1. A photocatalyst composite material comprising a base material and a photocatalyst layer comprising photocatalyst particles and silver nanowires,

the photocatalyst particles comprise tungsten oxide,

the substrate-side interface of the photocatalyst layer is S _b Let the opposite side interface be S _t When the S is _b Average particle diameter r of the photocatalyst particles in the vicinity _b Less than the S _t Average particle diameter r of the photocatalyst particles in the vicinity _t ，

The r is _b 2-50 nm, r is as follows _t Is within the range of 40 to 500nm,

the surface of the substrate has an arithmetic average roughness of 0.2-20 [ mu ] m.

2. The photocatalyst composite material according to claim 1, wherein a particle diameter distribution curve of all photocatalyst particles contained in the photocatalyst layer has two or more peaks.

3. The photocatalyst composite material according to claim 1 or 2, wherein the photocatalyst particles further comprise a metal oxide selected from the group consisting of titanium oxide, zinc oxide, niobium oxide, and tin oxide.
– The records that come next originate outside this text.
-- ===== src/Clients/Table.antt =====
-- The table `client_runtime`: what a read by key finds, and what it finds after an UPDATE by key.
use passwall_node.Prelude.{
  subst, String, ◌≡◌, refl, false, some, List, [], ◌∷◌, str_eq, str_eq→eq, str_eq_refl, All, arith,
  Bool-cases, inl, inr, ◌∙◌, sym,
}
use passwall_node.Clients.Rows.{ClientRuntime, find_client, put_client}

pub find_client-key :
    (key : String) (rows : List ClientRuntime) (c : ClientRuntime)
    → find_client key rows ≡ some c
    → c.key ≡ key
unfolding find_client
find_client-key key [] c h = ground (arith, h)
find_client-key key (d ∷ rows) c h = elim (Bool-cases (str_eq d.key key)) [
  | inl e ↦ ground (arith, h, str_eq→eq d.key key e)
  | inr e ↦ find_client-key key rows c (rw e at h)
]

module _ {ℓ} (P : ClientRuntime → Type ℓ) where
  pub find_client-All :
      (key : String) (rows : List ClientRuntime) {c : ClientRuntime}
      → All P rows
      → find_client key rows ≡ some c
      → P c
  unfolding find_client
  find_client-All key [] hs h = ground (arith, h)
  find_client-All key (d ∷ rows) hs h = elim (Bool-cases (str_eq d.key key)) [
    | inl e ↦ subst P (ground (arith, h)) hs.0
    | inr e ↦ find_client-All key rows hs.1 (rw e at h)
  ]

  pub put_client-All :
      (new : ClientRuntime) (rows : List ClientRuntime)
      → P new
      → All P rows
      → All P (put_client new rows)
  unfolding put_client
  put_client-All new [] p hs = tt
  put_client-All new (c ∷ rows) p hs = elim (Bool-cases (str_eq c.key new.key)) [
    | inl e ↦ rw e (p, put_client-All new rows p hs.1)
    | inr e ↦ rw e (hs.0, put_client-All new rows p hs.1)
  ]

pub find_client-put_client :
    (new : ClientRuntime) (rows : List ClientRuntime) {c : ClientRuntime}
    → find_client new.key rows ≡ some c
    → find_client new.key (put_client new rows) ≡ some new
unfolding find_client put_client
find_client-put_client new [] h = ground (arith, h)
find_client-put_client new (d ∷ rows) h = elim (Bool-cases (str_eq d.key new.key)) [
  | inl e ↦ rw e (rw (str_eq_refl new.key) refl)
  | inr e ↦ rw e (rw e (find_client-put_client new rows (rw e at h)))
]

pub find_client-put_client_other :
    (key : String) (new : ClientRuntime) (rows : List ClientRuntime)
    → str_eq new.key key ≡ false
    → find_client key (put_client new rows) ≡ find_client key rows
unfolding find_client put_client
find_client-put_client_other key new [] h = refl
find_client-put_client_other key new (d ∷ rows) h = elim (Bool-cases (str_eq d.key new.key)) [
  | inl e ↦
      (let same = str_eq→eq d.key new.key e in
        rw (e, h) (rw (same, h) (find_client-put_client_other key new rows h)))
  | inr e ↦ elim (Bool-cases (str_eq d.key key)) [
    | inl f ↦ rw (e, f) refl
    | inr f ↦ rw (e, f) (find_client-put_client_other key new rows h)
  ]
]

pub find_client-put_client_key :
    (key : String) (c new : ClientRuntime) (rows : List ClientRuntime)
    → find_client key rows ≡ some c
    → new.key ≡ c.key
    → find_client key (put_client new rows) ≡ some new
find_client-put_client_key key c new rows f k =
    let same = k ∙ find_client-key key rows c f in
    subst (λ x. find_client x (put_client new rows) ≡ some new) same
      (find_client-put_client new rows (subst (λ x. find_client x rows ≡ some c) (sym same) f))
4. The photocatalyst composite material according to claim 1 or 2, wherein the photocatalyst layer contains 1/100000 to 1/10 times of silver nanowires based on the total mass of photocatalyst particles.

5. The photocatalyst composite material according to claim 1 or 2, wherein the photocatalyst layer contains photocatalyst particles having different chemical compositions.

6. A method for producing a photocatalyst composite material, comprising the following steps in this order: a step of coating a dispersion liquid containing the 1 st photocatalyst particles and silver nanowires on a substrate; a step of coating a dispersion liquid containing 2 nd photocatalyst particles having an average particle diameter larger than that of the 1 st photocatalyst particles,

the 1 st photocatalyst particles are tungsten oxide with an average particle diameter of 2-50 nm, the 2 nd photocatalyst particles have an average particle diameter of 40-500 nm,

7. A photocatalyst device is provided with:

the photocatalyst composite material according to any one of claims 1 to 5,

A light irradiation member for imparting photocatalytic activity to the substrate, and

a supply member that supplies a substance to be treated to the photocatalyst composite material,

the photocatalyst composite material, which generates catalytic activity by light, promotes chemical reactions for treating the substance.

8. The photocatalyst apparatus according to claim 7, wherein the photocatalyst layer further comprises an adsorbing material that adsorbs the substance.